Task brief =>
Output only the lines below from the one containing "filename src/Direct/Held.antt" to the one containing "abbrev pub Same : State → State → Type 0", exactly as written, both ends kept.

%%

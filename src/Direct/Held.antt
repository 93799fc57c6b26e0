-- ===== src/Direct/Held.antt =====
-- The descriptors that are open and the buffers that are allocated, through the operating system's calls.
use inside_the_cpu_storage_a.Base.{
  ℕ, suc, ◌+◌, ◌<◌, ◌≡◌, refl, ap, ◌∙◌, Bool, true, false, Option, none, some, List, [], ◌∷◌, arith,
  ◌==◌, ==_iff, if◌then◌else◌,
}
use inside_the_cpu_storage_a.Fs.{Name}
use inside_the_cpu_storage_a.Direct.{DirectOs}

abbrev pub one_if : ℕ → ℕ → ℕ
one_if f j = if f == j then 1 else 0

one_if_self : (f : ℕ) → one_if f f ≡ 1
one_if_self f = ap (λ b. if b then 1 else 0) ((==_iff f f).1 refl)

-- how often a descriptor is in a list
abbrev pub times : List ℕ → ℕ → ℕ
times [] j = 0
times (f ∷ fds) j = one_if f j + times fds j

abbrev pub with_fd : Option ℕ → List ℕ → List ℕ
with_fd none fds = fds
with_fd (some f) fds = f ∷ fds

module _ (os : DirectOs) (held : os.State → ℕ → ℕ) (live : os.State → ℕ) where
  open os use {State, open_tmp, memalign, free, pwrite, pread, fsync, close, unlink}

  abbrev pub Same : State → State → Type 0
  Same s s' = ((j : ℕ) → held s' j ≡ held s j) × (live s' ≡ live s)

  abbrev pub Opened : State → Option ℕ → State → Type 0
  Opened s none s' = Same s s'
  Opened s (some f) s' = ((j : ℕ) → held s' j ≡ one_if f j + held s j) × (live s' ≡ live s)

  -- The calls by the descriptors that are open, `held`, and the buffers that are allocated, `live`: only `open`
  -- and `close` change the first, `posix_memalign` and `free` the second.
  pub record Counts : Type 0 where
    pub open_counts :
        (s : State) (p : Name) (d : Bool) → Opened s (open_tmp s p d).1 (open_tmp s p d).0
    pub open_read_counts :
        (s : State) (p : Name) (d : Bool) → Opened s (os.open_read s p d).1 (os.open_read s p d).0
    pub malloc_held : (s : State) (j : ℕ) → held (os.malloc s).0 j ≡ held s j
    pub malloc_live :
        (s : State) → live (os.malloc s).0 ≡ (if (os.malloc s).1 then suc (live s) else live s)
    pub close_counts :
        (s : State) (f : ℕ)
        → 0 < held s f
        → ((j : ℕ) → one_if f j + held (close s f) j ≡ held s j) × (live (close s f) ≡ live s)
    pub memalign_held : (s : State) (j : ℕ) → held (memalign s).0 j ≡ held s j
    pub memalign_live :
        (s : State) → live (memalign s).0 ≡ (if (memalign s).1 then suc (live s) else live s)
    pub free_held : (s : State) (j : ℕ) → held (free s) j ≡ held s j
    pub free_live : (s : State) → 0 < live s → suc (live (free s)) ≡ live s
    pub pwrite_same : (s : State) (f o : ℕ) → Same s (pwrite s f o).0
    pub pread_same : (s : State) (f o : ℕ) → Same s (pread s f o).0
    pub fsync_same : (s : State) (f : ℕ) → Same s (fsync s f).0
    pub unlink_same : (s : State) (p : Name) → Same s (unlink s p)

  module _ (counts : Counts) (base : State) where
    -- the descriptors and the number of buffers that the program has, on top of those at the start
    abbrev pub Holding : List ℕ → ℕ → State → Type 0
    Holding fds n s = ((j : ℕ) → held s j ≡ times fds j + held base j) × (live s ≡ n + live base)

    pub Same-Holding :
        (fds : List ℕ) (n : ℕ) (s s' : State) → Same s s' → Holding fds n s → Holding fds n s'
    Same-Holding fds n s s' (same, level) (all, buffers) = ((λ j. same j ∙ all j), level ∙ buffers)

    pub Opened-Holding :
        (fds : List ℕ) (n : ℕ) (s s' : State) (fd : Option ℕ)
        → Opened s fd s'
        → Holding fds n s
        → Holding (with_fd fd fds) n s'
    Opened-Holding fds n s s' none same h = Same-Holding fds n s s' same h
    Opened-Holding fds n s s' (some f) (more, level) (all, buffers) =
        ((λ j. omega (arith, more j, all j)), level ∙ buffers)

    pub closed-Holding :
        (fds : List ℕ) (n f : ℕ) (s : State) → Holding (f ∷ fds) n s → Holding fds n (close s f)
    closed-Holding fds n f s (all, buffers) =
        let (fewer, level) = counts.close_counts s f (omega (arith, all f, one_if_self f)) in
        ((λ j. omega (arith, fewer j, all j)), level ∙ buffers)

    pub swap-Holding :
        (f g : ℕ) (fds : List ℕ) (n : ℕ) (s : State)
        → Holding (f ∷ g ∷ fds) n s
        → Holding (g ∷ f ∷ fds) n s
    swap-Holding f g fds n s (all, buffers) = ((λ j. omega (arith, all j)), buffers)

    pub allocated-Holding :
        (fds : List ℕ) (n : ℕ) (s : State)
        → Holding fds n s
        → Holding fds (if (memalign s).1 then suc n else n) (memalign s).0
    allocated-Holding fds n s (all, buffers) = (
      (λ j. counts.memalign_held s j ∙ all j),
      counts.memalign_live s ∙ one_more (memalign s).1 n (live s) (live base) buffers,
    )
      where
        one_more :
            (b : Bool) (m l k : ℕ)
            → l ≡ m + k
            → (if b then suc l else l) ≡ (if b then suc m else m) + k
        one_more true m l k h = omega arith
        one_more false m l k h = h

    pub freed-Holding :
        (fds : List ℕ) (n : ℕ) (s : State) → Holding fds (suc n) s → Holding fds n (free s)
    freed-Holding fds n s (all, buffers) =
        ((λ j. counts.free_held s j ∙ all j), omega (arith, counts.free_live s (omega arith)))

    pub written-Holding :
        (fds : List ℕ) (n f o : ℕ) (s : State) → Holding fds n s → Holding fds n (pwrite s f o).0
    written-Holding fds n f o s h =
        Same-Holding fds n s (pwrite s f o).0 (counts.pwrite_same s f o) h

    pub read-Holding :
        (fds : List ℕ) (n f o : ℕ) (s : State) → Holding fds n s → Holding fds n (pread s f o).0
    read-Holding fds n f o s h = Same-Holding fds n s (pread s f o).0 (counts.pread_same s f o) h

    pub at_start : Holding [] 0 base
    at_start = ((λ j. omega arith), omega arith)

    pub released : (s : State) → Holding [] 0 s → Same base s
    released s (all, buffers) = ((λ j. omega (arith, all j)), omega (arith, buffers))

%%
%%

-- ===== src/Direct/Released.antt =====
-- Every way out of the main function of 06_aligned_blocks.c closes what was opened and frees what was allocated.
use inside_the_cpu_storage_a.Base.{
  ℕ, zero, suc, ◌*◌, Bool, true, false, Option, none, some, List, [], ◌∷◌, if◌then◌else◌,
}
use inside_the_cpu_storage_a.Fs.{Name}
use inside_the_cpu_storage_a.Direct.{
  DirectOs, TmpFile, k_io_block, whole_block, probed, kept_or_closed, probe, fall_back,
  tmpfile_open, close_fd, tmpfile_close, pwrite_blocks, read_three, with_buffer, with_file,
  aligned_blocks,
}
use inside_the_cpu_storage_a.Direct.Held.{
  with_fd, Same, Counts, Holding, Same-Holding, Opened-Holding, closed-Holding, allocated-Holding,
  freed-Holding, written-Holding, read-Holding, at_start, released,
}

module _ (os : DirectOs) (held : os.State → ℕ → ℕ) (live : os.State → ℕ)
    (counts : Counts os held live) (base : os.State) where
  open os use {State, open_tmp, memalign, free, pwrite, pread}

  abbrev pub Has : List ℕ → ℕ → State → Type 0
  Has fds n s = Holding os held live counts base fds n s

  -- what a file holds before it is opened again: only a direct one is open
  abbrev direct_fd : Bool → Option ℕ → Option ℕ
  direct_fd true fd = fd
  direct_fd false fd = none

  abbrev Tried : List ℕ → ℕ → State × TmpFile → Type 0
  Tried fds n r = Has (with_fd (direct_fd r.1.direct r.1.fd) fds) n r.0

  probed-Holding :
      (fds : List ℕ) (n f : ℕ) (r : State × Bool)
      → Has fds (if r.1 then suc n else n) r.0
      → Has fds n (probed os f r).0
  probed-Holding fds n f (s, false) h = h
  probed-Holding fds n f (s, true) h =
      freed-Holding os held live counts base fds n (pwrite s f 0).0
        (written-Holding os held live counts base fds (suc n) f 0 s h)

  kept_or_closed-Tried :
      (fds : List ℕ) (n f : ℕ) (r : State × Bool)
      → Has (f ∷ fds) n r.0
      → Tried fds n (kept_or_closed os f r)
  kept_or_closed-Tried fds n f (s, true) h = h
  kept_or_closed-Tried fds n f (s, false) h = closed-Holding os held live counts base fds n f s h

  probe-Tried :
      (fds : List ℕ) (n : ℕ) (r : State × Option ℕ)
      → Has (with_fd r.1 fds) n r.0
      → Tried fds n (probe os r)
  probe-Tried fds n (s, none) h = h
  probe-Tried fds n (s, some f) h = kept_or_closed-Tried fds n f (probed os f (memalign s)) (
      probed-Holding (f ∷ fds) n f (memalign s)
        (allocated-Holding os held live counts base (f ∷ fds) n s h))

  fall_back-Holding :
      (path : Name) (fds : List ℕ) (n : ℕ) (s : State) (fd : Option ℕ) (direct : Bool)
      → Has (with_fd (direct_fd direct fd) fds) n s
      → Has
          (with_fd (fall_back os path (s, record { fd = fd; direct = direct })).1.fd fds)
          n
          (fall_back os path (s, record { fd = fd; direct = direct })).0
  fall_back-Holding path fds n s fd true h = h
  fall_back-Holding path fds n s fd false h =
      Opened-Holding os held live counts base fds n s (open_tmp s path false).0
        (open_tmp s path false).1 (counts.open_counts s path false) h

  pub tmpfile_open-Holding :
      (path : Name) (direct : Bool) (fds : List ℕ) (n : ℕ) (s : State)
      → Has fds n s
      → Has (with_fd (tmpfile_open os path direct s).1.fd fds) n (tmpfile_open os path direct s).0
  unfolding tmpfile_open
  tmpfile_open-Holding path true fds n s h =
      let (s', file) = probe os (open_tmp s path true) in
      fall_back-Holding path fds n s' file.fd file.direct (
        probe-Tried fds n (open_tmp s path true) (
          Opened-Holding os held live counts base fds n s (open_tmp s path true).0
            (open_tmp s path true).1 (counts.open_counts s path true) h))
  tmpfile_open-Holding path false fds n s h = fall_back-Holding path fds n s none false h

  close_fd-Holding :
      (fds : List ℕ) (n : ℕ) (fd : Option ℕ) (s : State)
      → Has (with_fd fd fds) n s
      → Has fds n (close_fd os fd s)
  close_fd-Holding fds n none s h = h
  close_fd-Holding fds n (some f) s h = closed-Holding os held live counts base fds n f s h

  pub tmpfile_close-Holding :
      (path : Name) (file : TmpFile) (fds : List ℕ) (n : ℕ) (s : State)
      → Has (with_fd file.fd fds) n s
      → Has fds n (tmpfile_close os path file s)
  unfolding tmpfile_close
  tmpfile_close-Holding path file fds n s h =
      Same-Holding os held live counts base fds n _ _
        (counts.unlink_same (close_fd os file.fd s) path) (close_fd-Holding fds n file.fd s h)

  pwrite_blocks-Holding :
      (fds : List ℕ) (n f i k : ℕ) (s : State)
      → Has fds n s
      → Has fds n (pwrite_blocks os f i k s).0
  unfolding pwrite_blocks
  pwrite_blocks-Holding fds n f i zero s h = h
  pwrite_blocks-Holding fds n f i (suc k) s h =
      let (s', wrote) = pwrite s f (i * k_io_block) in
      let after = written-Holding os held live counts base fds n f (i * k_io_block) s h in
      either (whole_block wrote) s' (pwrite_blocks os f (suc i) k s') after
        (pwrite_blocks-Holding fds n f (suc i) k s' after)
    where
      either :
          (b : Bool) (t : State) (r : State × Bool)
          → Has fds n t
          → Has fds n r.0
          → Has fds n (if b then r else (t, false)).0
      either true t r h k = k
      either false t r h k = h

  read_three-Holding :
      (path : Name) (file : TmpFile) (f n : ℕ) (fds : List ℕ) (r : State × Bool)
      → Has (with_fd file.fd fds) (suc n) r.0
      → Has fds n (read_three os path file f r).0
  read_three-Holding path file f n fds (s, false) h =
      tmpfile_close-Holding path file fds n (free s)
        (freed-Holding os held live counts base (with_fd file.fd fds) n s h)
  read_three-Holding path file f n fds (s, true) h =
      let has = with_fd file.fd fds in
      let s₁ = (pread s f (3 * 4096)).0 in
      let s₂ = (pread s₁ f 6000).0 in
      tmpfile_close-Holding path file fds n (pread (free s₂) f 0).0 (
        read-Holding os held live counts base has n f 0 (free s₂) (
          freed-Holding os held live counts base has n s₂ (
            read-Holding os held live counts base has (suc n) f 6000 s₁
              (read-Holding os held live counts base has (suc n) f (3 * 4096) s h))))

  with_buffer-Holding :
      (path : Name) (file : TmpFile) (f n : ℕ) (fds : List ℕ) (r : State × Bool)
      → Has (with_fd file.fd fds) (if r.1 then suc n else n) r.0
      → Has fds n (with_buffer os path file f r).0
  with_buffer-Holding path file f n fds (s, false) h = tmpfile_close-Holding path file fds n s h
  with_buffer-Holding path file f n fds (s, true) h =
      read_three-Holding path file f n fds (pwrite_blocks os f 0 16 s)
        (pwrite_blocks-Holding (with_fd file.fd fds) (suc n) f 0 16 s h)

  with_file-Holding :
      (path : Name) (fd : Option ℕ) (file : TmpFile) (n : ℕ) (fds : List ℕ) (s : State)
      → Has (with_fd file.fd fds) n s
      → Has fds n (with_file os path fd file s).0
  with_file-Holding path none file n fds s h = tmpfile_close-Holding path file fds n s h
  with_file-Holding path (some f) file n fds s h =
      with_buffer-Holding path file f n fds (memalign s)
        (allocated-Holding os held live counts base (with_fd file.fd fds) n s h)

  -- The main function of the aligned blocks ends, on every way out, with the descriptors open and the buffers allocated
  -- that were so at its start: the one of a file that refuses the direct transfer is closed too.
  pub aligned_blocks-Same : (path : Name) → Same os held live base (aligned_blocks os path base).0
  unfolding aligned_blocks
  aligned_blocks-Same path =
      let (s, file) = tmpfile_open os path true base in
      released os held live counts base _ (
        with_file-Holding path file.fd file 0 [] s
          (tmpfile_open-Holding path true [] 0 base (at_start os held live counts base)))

%%

Response box =>
filename src/Direct/Held.antt
repository 93799fc57c6b26e0
-- ===== src/Direct/Held.antt =====
-- The descriptors that are open and the buffers that are allocated, through the operating system's calls.
use inside_the_cpu_storage_a.Base.{
  ℕ, suc, ◌+◌, ◌<◌, ◌≡◌, refl, ap, ◌∙◌, Bool, true, false, Option, none, some, List, [], ◌∷◌, arith,
  ◌==◌, ==_iff, if◌then◌else◌,
}
use inside_the_cpu_storage_a.Fs.{Name}
use inside_the_cpu_storage_a.Direct.{DirectOs}

abbrev pub one_if : ℕ → ℕ → ℕ
one_if f j = if f == j then 1 else 0

one_if_self : (f : ℕ) → one_if f f ≡ 1
one_if_self f = ap (λ b. if b then 1 else 0) ((==_iff f f).1 refl)

-- how often a descriptor is in a list
abbrev pub times : List ℕ → ℕ → ℕ
times [] j = 0
times (f ∷ fds) j = one_if f j + times fds j

abbrev pub with_fd : Option ℕ → List ℕ → List ℕ
with_fd none fds = fds
with_fd (some f) fds = f ∷ fds

module _ (os : DirectOs) (held : os.State → ℕ → ℕ) (live : os.State → ℕ) where
  open os use {State, open_tmp, memalign, free, pwrite, pread, fsync, close, unlink}

  abbrev pub Same : State → State → Type 0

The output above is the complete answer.